Le 6 mars 2017, le Conseil des Etats a accepté la motion «Interdire les contrats léonins des plateformes de réservation en ligne avec l’hôtellerie». Celle-ci a pour but d’interdire les clauses de parité tarifaire, qui empêchent les hôtels d’offrir des chambres à un prix plus avantageux sur leur propre site internet que sur les plateformes de réservation en ligne, telles que Booking.com. Du point de vue de la politique de concurrence, une telle décision serait très contestable et pourrait créer un lourd préjudice.
Les plateformes telles que les foires, bourses, journaux quotidiens ou les cartes de crédit réunissent des groupes d’utilisateurs disparates (par ex : les acheteurs et les vendeurs d’un produit). La plateforme agit comme un intermédiaire qui facilite la conclusi0n de la transaction voir même, dans certains cas extrêmes, la rend possible. Ainsi, elle crée une plus-value pour toutes les parties concernées. Ces dernières années, internet a donné un nouvel élan aux marchés en ligne. Les portails commerciaux en ligne, tels qu’AirBnB, eBay ou Uber, sont l’expression de cette évolution. Ils perçoivent généralement une commission pour leurs services, alors que le prix final pour le client est fixé par le prestataire de services.
Un composant typique de ce que l’on appelle le modèle économique de l’agent commercial est la clause de parité tarifaire qui est censée éviter que les produits commercialisés soient proposés à un meilleur prix sur d’autres circuits de distribution. Autrement dit, les plateformes commerciales sont confrontées au problème classique du passager clandestin : pour les clients, il y a une incitation à chercher d’abord sur une plateforme commerciale pour comparer les offres et les prix, puis à réaliser concrètement l’achat ailleurs, par un canal de vente moins cher. Dès lors, la plateforme perd sa source de revenus et devra, tôt ou tard, cesser ses activités.
Les clauses de parité tarifaire peuvent être «larges» ou «étroites». De larges clauses garantissent qu’aucune autre plateforme ou le fournisseur direct n’offrent de meilleures conditions. En revanche, une clause étroite ne fait qu’établir que le fournisseur lui-même ne doit pas proposer de meilleures conditions. Au niveau mondial, ce sont avant tout les clauses larges qui sont la cible de critiques. Il leur est reproché de ne pas avoir pour seul objectif de lutter contre le comportement des «passagers clandestins», mais aussi d’affaiblir la concurrence en évinçant les nouvelles plateformes entrantes. Une évaluation au cas par cas est nécessaire pour déterminer si une clause de parité tarifaire est effectivement nuisible ou pas. A cette fin, la Commission de la concurrence a ouvert, déjà en 2012, une enquête contre plusieurs portails de réservation en ligne et leur a interdit l’utilisation de clauses de parité tarifaire larges. En faisant cela, elle a donné un signal fort. A juste titre, les clauses de parité tarifaire étroites ne sont en revanche pas proscrites. Celles-ci sont internationalement considérées comme non problématiques, car elles n’éliminent pas la concurrence entre les plateformes. Elles ne font qu’empêcher le fournisseur de prestations d’adopter un comportement de «passager clandestin» sur la plateforme commerciale.

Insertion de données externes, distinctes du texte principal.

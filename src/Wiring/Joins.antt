-- ===== src/Wiring/Joins.antt =====
-- src/sfu/room.rs, `subscribe_to_existing`: the wiring of a room that a new peer enters.
use mathlib.Core.List.{append_assoc, append-nil, map-append}
use ababilx_chat_sfu.Shared.{
  ℕ, ◌+◌, ◌<◌, ◌≡◌, ◌≢◌, refl, ◌∙◌, sym, ap, subst, Bool, true, false, not, Option, none, some,
  List, [], ◌∷◌, ◌++◌, map, ◌==◌, nat_Eq, All, All-map, All-append, All-count, count, count-append,
  bit, arith, if◌then◌else◌, keep, gather, update_first, Option-cases, inl, inr,
}
use ababilx_chat_sfu.Media.{Deps}
use ababilx_chat_sfu.Tracks.{Arcs, TrackIn, TrackOut, upgrade}
use ababilx_chat_sfu.Peer.{Peer}
use ababilx_chat_sfu.Hall.{Seat, seated, Distinct}
use ababilx_chat_sfu.Hall.Vacate.{seated-none, ids_ne}
use ababilx_chat_sfu.Hall.Sit.{seated-append-one}
use ababilx_chat_sfu.Room.{
  Room, has_id, published, subscribe, subscribe_all, existing, subscribe_to_existing,
}
use ababilx_chat_sfu.Engine.Seats.{seat_of, seats_of}
use ababilx_chat_sfu.Engine.Join.Retire.{seats-append-one}
use ababilx_chat_sfu.Engine.Io.Spreads.{Apart, OriginsBelow}
use ababilx_chat_sfu.Wiring.{IsTuned, IsFresh, wanted, of_origin, cut_off}
use ababilx_chat_sfu.Wiring.Rooms.{here, IsWired, All-seated, Apart-present}

module _ {d : Deps} where
  -- A live track whose publisher is among the seats.
  abbrev held : List Seat → Option (TrackIn d) → Bool
  held seats none = false
  held seats (some t) = seated t.origin seats

  held-cons :
      (s : Seat) (seats : List Seat) (o : Option (TrackIn d))
      → All (λ (t : Seat). (t.0 ≢ s.0) × (t.1 ≢ s.1)) seats
      → bit (of_origin s.0 o) + bit (held seats o) ≡ bit (held (s ∷ seats) o)
  held-cons s seats none apart = refl
  held-cons s seats (some t) apart =
      ground (arith, seated-none s.0 seats (ids_ne s seats apart), nat_Eq.matches_iff t.origin s.0)

  -- The peers of a room publish each live track of a publisher there once.
  count-gather :
      (h : Arcs d) (present : ℕ → Bool) (a : ℕ) (ps : List (Peer d))
      → Distinct (map seat_of ps)
      → All (IsTuned h present []) ps
      → count a (gather published ps) ≡ bit (held (map seat_of ps) (upgrade h a))
  count-gather h present a [] distinct ts = ground arith
  count-gather h present a (p ∷ ps) distinct ts =
      count-append a (published p) (gather published ps)
      ∙ omega (
        arith,
        ts.0.owns a,
        count-gather h present a ps distinct.1 ts.1,
        held-cons (seat_of p) (map seat_of ps) (upgrade h a) distinct.0,
      )

  below-gather :
      (h : Arcs d) (present : ℕ → Bool) (ps : List (Peer d))
      → IsFresh h
      → Distinct (map seat_of ps)
      → All (IsTuned h present []) ps
      → All (λ (w : ℕ). w < h.next) (gather published ps)
  below-gather h present ps fresh distinct ts =
      All-count (λ w. w < h.next) (gather published ps)
        (λ a more. elim (Option-cases (upgrade h a)) [
          | inl no_track ↦
              absurd (ground (arith, more, no_track, count-gather h present a ps distinct ts))
          | inr (t, there) ↦ fresh a t there
        ])

  -- A peer with new subscriptions.
  record Subscribes (h : Arcs d) (ws : List ℕ) (p q : Peer d) : Type 0 where
    same_id : q.id ≡ p.id
    same_seat : seat_of q ≡ seat_of p
    same_published : published q ≡ published p
    more_wanted : wanted q ≡ wanted p ++ ws
    still_uncut :
        All (λ (t : TrackOut d). cut_off h t ≡ false) p.tracks_out
        → All (λ (t : TrackOut d). cut_off h t ≡ false) q.tracks_out

  wanted-subscribe : (w : ℕ) (p : Peer d) → wanted (subscribe w p) ≡ wanted p ++ w ∷ []
  unfolding subscribe
  wanted-subscribe w p = map-append _ p.tracks_out _

  same_subscribe :
      (h : Arcs d) (w : ℕ) (p : Peer d)
      → ((subscribe w p).id ≡ p.id)
        × (seat_of (subscribe w p) ≡ seat_of p)
        × (published (subscribe w p) ≡ published p)
        × (All (λ (t : TrackOut d). cut_off h t ≡ false) p.tracks_out
            → All (λ (t : TrackOut d). cut_off h t ≡ false) (subscribe w p).tracks_out)
  unfolding subscribe published
  same_subscribe h w p = (refl, refl, refl, λ u. All-append _ p.tracks_out _ u (refl, tt))

  Subscribes-subscribe_all :
      (h : Arcs d) (ws : List ℕ) (p : Peer d) → Subscribes h ws p (subscribe_all ws p)
  unfolding subscribe_all
  Subscribes-subscribe_all h [] p = record {
    same_id = refl;
    same_seat = refl;
    same_published = refl;
    more_wanted = sym (append-nil (wanted p));
    still_uncut = λ u. u;
  }
  Subscribes-subscribe_all h (w ∷ ws) p =
      let x = Subscribes-subscribe_all h ws (subscribe w p) in
      record {
        same_id = x.same_id ∙ (same_subscribe h w p).0;
        same_seat = x.same_seat ∙ (same_subscribe h w p).1;
        same_published = x.same_published ∙ (same_subscribe h w p).2;
        more_wanted =
            x.more_wanted
            ∙ ap (λ l. l ++ ws) (wanted-subscribe w p)
            ∙ append_assoc (wanted p) (w ∷ []) ws;
        still_uncut = λ u. x.still_uncut ((same_subscribe h w p).3 u);
      }

  update_first-last :
      (n : ℕ) (f : Peer d → Peer d) (ps : List (Peer d)) (p : Peer d)
      → Apart n ps
      → p.id ≡ n
      → update_first (has_id n) f (ps ++ p ∷ []) ≡ ps ++ f p ∷ []
  update_first-last n f [] p apart i = ground (arith, i, nat_Eq.matches_iff p.id n)
  update_first-last n f (q ∷ ps) p apart i =
      ground (arith, apart.0, nat_Eq.matches_iff q.id n, update_first-last n f ps p apart.1 i)

  existing-last :
      (n : ℕ) (ps : List (Peer d)) (p : Peer d)
      → Apart n ps
      → p.id ≡ n
      → gather published (keep (λ q. not (has_id n q)) (ps ++ p ∷ [])) ≡ gather published ps
  existing-last n [] p apart i = ground (arith, i, nat_Eq.matches_iff p.id n)
  existing-last n (q ∷ ps) p apart i =
      ground (arith, apart.0, nat_Eq.matches_iff q.id n, existing-last n ps p apart.1 i)

  -- A peer of which the room's members are the same as far as live tracks go.
  IsTuned-present :
      (h : Arcs d) (present still : ℕ → Bool) (p : Peer d)
      → ((a : ℕ) (t : TrackIn d) → upgrade h a ≡ some t → still t.origin ≡ present t.origin)
      → IsTuned h present [] p
      → IsTuned h still [] p
  IsTuned-present h present still p same t = record {
    owns = t.owns;
    hears = λ a x there. ground (arith, t.hears a x there, same a x there);
    below = t.below;
    uncut = t.uncut;
  }

  module _ (h : Arcs d) (n : ℕ) (r : Room d) (p : Peer d) (fresh : IsFresh h)
      (origins : OriginsBelow n h) (distinct : Distinct (seats_of r)) (absent : here r n ≡ false)
      (w : IsWired h r) (i : p.id ≡ n) (no_in : p.tracks_in ≡ []) (no_out : p.tracks_out ≡ []) where
    apart : Apart n r.peers
    apart = Apart-present n (here r) r.peers absent (All-seated r.peers)

    ws : List ℕ
    ws = gather published r.peers

    peers-joined :
        (subscribe_to_existing n (record r { peers = r.peers ++ p ∷ [] })).peers
        ≡ r.peers ++ subscribe_all ws p ∷ []
    unfolding subscribe_to_existing existing ws
    peers-joined =
        rw (existing-last n r.peers p apart i)
          (update_first-last n (subscribe_all ws) r.peers p apart i)

    still : ℕ → Bool
    still j = if p.id == j then true else here r j

    here-joined : (j : ℕ) → seated j (map seat_of (r.peers ++ subscribe_all ws p ∷ [])) ≡ still j
    unfolding still
    here-joined j =
        ap (seated j) (seats-append-one r.peers (subscribe_all ws p))
        ∙ seated-append-one j (seats_of r) (seat_of (subscribe_all ws p))
        ∙ ap (λ k. if k == j then true else here r j) (Subscribes-subscribe_all h ws p).same_id

    still-present :
        (a : ℕ) (t : TrackIn d) → upgrade h a ≡ some t → still t.origin ≡ here r t.origin
    unfolding still
    still-present a t there = ground (arith, i, origins a t there, nat_Eq.matches_iff p.id t.origin)

    IsTuned-newcomer : IsTuned h still [] (subscribe_all ws p)
    unfolding ws published
    IsTuned-newcomer =
        let s = Subscribes-subscribe_all h ws p in
        let heard : wanted (subscribe_all ws p) ≡ ws =
          s.more_wanted ∙ ap (λ l. map (λ (t : TrackOut d). t.track_in) l ++ ws) no_out in
        record {
          owns = λ a. elim (Option-cases (upgrade h a)) [
            | inl no_track ↦ ground (arith, no_track, s.same_published, no_in)
            | inr (t, there) ↦ ground (
              arith,
              there,
              s.same_published,
              s.same_id,
              no_in,
              i,
              origins a t there,
              nat_Eq.matches_iff t.origin p.id,
            )
          ];
          hears = λ a t there.
              rw (heard, s.same_id)
                (ground (
                  arith,
                  there,
                  count-gather h (here r) a r.peers distinct w,
                  still-present a t there,
                  i,
                  origins a t there,
                  nat_Eq.matches_iff t.origin p.id,
                ));
          below = rw heard (below-gather h (here r) r.peers fresh distinct w);
          uncut = s.still_uncut (rw no_out tt);
        }

    -- A peer without tracks, of a new id, enters a wired room.
    pub IsWired-joined :
        IsWired h (subscribe_to_existing n (record r { peers = r.peers ++ p ∷ [] }))
    IsWired-joined =
        let all : All (IsTuned h still []) (r.peers ++ subscribe_all ws p ∷ []) =
          All-append _ r.peers (subscribe_all ws p ∷ [])
            (All-map _ _ r.peers (λ q t. IsTuned-present h (here r) still q still-present t) w)
            (IsTuned-newcomer, tt) in
        subst (λ ps. All (IsTuned h (λ j. seated j (map seat_of ps)) []) ps) (sym peers-joined)
          (All-map _ _ _
            (λ q t.
              IsTuned-present h still
                (λ j. seated j (map seat_of (r.peers ++ subscribe_all ws p ∷ []))) q
                (λ a x there. here-joined x.origin) t)
            all)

L’interdiction des clauses de parité tarifaire sectorielles souhaitée par le Conseil des Etats doit être qualifiée d’interventionnisme excessif et contre-productif. Les effets des clauses de parité tarifaire sur l’économie digitale sont encore peu explorés. Par conséquent, il convient de faire preuve de retenue législative. Nous devons impérativement renoncer aux interdictions sectorielles ou même forfaitaires ; le droit de la concurrence existant suffit amplement à contrer les éventuels impacts négatifs des clauses de parité tarifaire.
Cette contribution est parue dans le «Handelszeitung» du 16 mars 2017.